* **TASK DESCRIPTION**: Starting with the line that contains "remove_client_last one p", set down each line through the end of the entries below, exactly and with nothing added.

* **SUPPLIED RECORDS**:
-- ===== src/Manager/Removal/Laws.antt =====
-- What the loops of delGroupClient and delSystemClient do to a list of client ids.
use go_websocket.Prelude.{
  ℕ, zero, suc, ◌+◌, ◌-◌, ◌≤◌, ◌≡◌, refl, ap, ◌∙◌, true, false, inl, inr, List, [], ◌∷◌, ◌++◌,
  arith, ltb, le→ltb, Bool-cases, if◌then◌else◌, get_or, drop, take, length, length-append,
  length-drop, get_or-append, take-append, drop-append, take-length, append-nil,
}
use go_websocket.Prelude.Text.{Str, str_eq, str_eq_refl}
use go_websocket.Manager.Removal.{
  returned, Slice, close_gap, remove_at, remove_rounds, remove_slice, remove_client, visible,
}
use go_websocket.Manager.Removal.Rounds.{
  Lacks, Lacks-Misses, Lacks-Misses_front, Lacks-append, Lacks-drop, Lacks-get_or, Misses, at_index,
  get_or_shift, one_round, over, remove_step-hit, remove_step-miss, scan, scan_to_end,
}

module _ (g : ℕ) (v : Str) where
  close_gap_middle :
      (p q : List Str) (n : ℕ)
      → n ≡ length p + (length q + 1)
      → close_gap (length p) (over (p ++ v ∷ q) n)
        ≡ over (p ++ (q ++ drop (length q) (v ∷ q))) (length p + length q)
  unfolding close_gap
  close_gap_middle p q n e = rw (
    take-append p (v ∷ q) 0 (length p) (omega arith),
    append-nil,
    drop-append p (v ∷ q) 1 (length p + 1) (omega arith),
    drop-append p (v ∷ q) (length q) (n - 1) (omega arith),
    (let d : n - (length p + 1) ≡ length q = omega arith in d),
    take-length q,
    (let d : n - 1 ≡ length p + length q = omega arith in d),
  )

  -- The array behind the gap that is closed: no cell of it is the id, but for one already passed.
  Misses-behind :
      (p q : List Str)
      → Lacks v q
      → Misses v (p ++ (q ++ drop (length q) (v ∷ q))) (length p + 1) (length q)
  Misses-behind p [] h = λ j l u. absurd (omega arith)
  Misses-behind p (x ∷ q) h =
      Lacks-Misses v p ((x ∷ q) ++ drop (length q) (x ∷ q)) (length p + 1) (length (x ∷ q))
        (Lacks-append v (x ∷ q) (drop (length q) (x ∷ q)) h (Lacks-drop v (length q) (x ∷ q) h))
        (omega arith)
        (omega
          (arith, length-append (x ∷ q) (drop (length q) (x ∷ q)), length-drop (length q) (x ∷ q)))

  Misses-after : (p q : List Str) → Lacks v q → Misses v (p ++ v ∷ q) (length p + 1) (length q)
  Misses-after p q h j l u =
      rw (get_or_shift p (v ∷ q) (suc (j - length p - 1)) j (omega arith))
        (Lacks-get_or v q (j - length p - 1) h (omega arith))

  remove_at_gap :
      (p q : List Str)
      → ltb (length p + 1) g ≡ true
      → remove_at g (length p) (over (p ++ v ∷ q) (length (p ++ v ∷ q)))
        ≡ returned (over (p ++ (q ++ drop (length q) (v ∷ q))) (length p + length q))
  unfolding remove_at
  remove_at_gap p q b =
      rw (b, le→ltb (length (p ++ v ∷ q)) (length p + 1) (omega (arith, length-append p (v ∷ q))))
        (ap returned
          (close_gap_middle p q (length (p ++ v ∷ q)) (omega (arith, length-append p (v ∷ q)))))

  remove_at_cut :
      (i : ℕ) (s : Slice)
      → ltb (i + 1) g ≡ false
      → remove_at g i s ≡ returned (record s { len = i })
  unfolding remove_at
  remove_at_cut i s b = rw b

  -- The scan g v up to the first occurrence, and the edit there.
  rounds_to_hit :
      (p q : List Str) (t : Slice)
      → Lacks v p
      → remove_at g (length p) (over (p ++ v ∷ q) (length (p ++ v ∷ q))) ≡ returned t
      → remove_rounds g v (length (p ++ v ∷ q)) 0 (over (p ++ v ∷ q) (length (p ++ v ∷ q)))
        ≡ remove_rounds g v (length q) (length p + 1) t
  rounds_to_hit p q t h e =
      scan g v (p ++ v ∷ q) (length (p ++ v ∷ q)) (length p) (suc (length q)) _ 0
        (omega (arith, length-append p (v ∷ q))) (Lacks-Misses_front v p (v ∷ q) h)
      ∙ (at_index g v _ _ (0 + length p) (length p) _ refl (omega arith)
          ∙ one_round g v (length q) (length p) _ t
              (remove_step-hit g v (length p) _ (rw (get_or-append p v q []) (str_eq_refl v)) ∙ e))

  -- The array where an id that stands once goes: the entries behind it move up, and the last one
  -- stands in the freed cell too.
  pub remove_slice_gap :
      (p q : List Str)
      → Lacks v p
      → Lacks v q
      → ltb (length p + 1) g ≡ true
      → remove_slice g v (p ++ v ∷ q)
        ≡ returned (over (p ++ (q ++ drop (length q) (v ∷ q))) (length p + length q))
  unfolding remove_slice
  remove_slice_gap p q h k b =
      rounds_to_hit p q _ h (remove_at_gap p q b)
      ∙ scan_to_end g v _ (length p + length q) (length q) (length p + 1) (Misses-behind p q k)

  pub take_gap :
      (p q : List Str) → take (length p + length q) (p ++ (q ++ drop (length q) (v ∷ q))) ≡ p ++ q
  take_gap p q =
      take-append p (q ++ drop (length q) (v ∷ q)) (length q) (length p + length q) refl
      ∙ ap (λ l. p ++ l)
          (take-append q (drop (length q) (v ∷ q)) 0 (length q) (omega arith) ∙ append-nil q)

  after_gap :
      (p q : List Str)
      → Lacks v p
      → Lacks v q
      → ltb (length p + 1) g ≡ true
      → remove_client g v (p ++ v ∷ q) ≡ returned (p ++ q)
  unfolding remove_client
  after_gap p q h k b = ap visible (remove_slice_gap p q h k b) ∙ ap returned (take_gap p q)

  after_cut :
      (p q : List Str)
      → Lacks v p
      → Lacks v q
      → ltb (length p + 1) g ≡ false
      → remove_client g v (p ++ v ∷ q) ≡ returned p
  unfolding remove_client
  after_cut p q h k b =
      ap visible (
        rounds_to_hit p q _ h (remove_at_cut (length p) _ b)
        ∙ scan_to_end g v (p ++ v ∷ q) (length p) (length q) (length p + 1) (Misses-after p q k))
      ∙ ap returned (take-append p (v ∷ q) 0 (length p) (omega arith) ∙ append-nil p)

  -- An id that stands once goes, but where `length p + 1` reaches the number of groups all that
  -- stands behind it goes with it.
  pub remove_client_once :
      (p q : List Str)
      → Lacks v p
      → Lacks v q
      → remove_client g v (p ++ v ∷ q) ≡ returned (if ltb (length p + 1) g then p ++ q else p)
  remove_client_once p q h k = elim (Bool-cases (ltb (length p + 1) g)) [
    | inl b ↦ rw b (after_gap p q h k b)
    | inr b ↦ rw b (after_cut p q h k b)
  ]

  -- With one group or none each hit cuts at its index: the array stays, only the length moves.
  cuts :
      g ≤ 1
      → (a : List Str) (r k n i m : ℕ) → n ≡ r + k
      → (m' : ℕ) × (remove_rounds g v n i (over a m) ≡ remove_rounds g v k (i + r) (over a m'))
  cuts one a zero k n i m e = (m, at_index g v n k i (i + 0) (over a m) (omega arith) (omega arith))
  cuts one a (suc r) k zero i m e = absurd (omega arith)
  cuts one a (suc r) k (suc n) i m e = elim (Bool-cases (str_eq (get_or a i []) v)) [
    | inl hit ↦
        let (m', f) = cuts one a r k n (i + 1) i (omega arith) in
        (
          m',
          one_round g v n i _ _ (
                remove_step-hit g v i (over a m) hit
                ∙ remove_at_cut i (over a m) (le→ltb (i + 1) g (omega arith)))
              ∙ (f ∙ at_index g v k k (i + 1 + r) (i + suc r) (over a m') refl (omega arith)),
        )
    | inr miss ↦
        let (m', f) = cuts one a r k n (i + 1) m (omega arith) in
        (
          m',
          one_round g v n i _ _ (remove_step-miss g v i (over a m) miss)
              ∙ (f ∙ at_index g v k k (i + 1 + r) (i + suc r) (over a m') refl (omega arith)),
        )
  ]

  last_hit :
      g ≤ 1
      → (p q : List Str) (m i : ℕ) → i ≡ length p
      → Lacks v q
      → remove_rounds g v (suc (length q)) i (over (p ++ v ∷ q) m)
        ≡ returned (over (p ++ v ∷ q) (length p))
  last_hit one p q m i e k =
      at_index g v _ _ i (length p) _ refl e
      ∙ (one_round g v (length q) (length p) _ (over (p ++ v ∷ q) (length p)) (
            remove_step-hit g v (length p) _ (rw (get_or-append p v q []) (str_eq_refl v))
            ∙ remove_at_cut (length p) _ (le→ltb (length p + 1) g (omega arith)))
          ∙ scan_to_end g v (p ++ v ∷ q) (length p) (length q) (length p + 1) (Misses-after p q k))

  -- With one group or none the list is cut at the last occurrence of the id, whatever stands
  -- before it.
  pub remove_client_last :
      g ≤ 1 → (p q : List Str) → Lacks v q → remove_client g v (p ++ v ∷ q) ≡ returned p
  unfolding remove_client
  remove_client_last one p q k =
      let n = length (p ++ v ∷ q) in
      let (m, f) =
        cuts one (p ++ v ∷ q) (length p) (suc (length q)) n 0 n
          (omega (arith, length-append p (v ∷ q))) in
      ap visible (f ∙ last_hit one p q m (0 + length p) (omega arith) k)
      ∙ ap returned (take-append p (v ∷ q) 0 (length p) (omega arith) ∙ append-nil p)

* **OUTPUT FOR THIS TASK**:
  remove_client_last one p q k =
      let n = length (p ++ v ∷ q) in
      let (m, f) =
        cuts one (p ++ v ∷ q) (length p) (suc (length q)) n 0 n
          (omega (arith, length-append p (v ∷ q))) in
      ap visible (f ∙ last_hit one p q m (0 + length p) (omega arith) k)
      ∙ ap returned (take-append p (v ∷ q) 0 (length p) (omega arith) ∙ append-nil p)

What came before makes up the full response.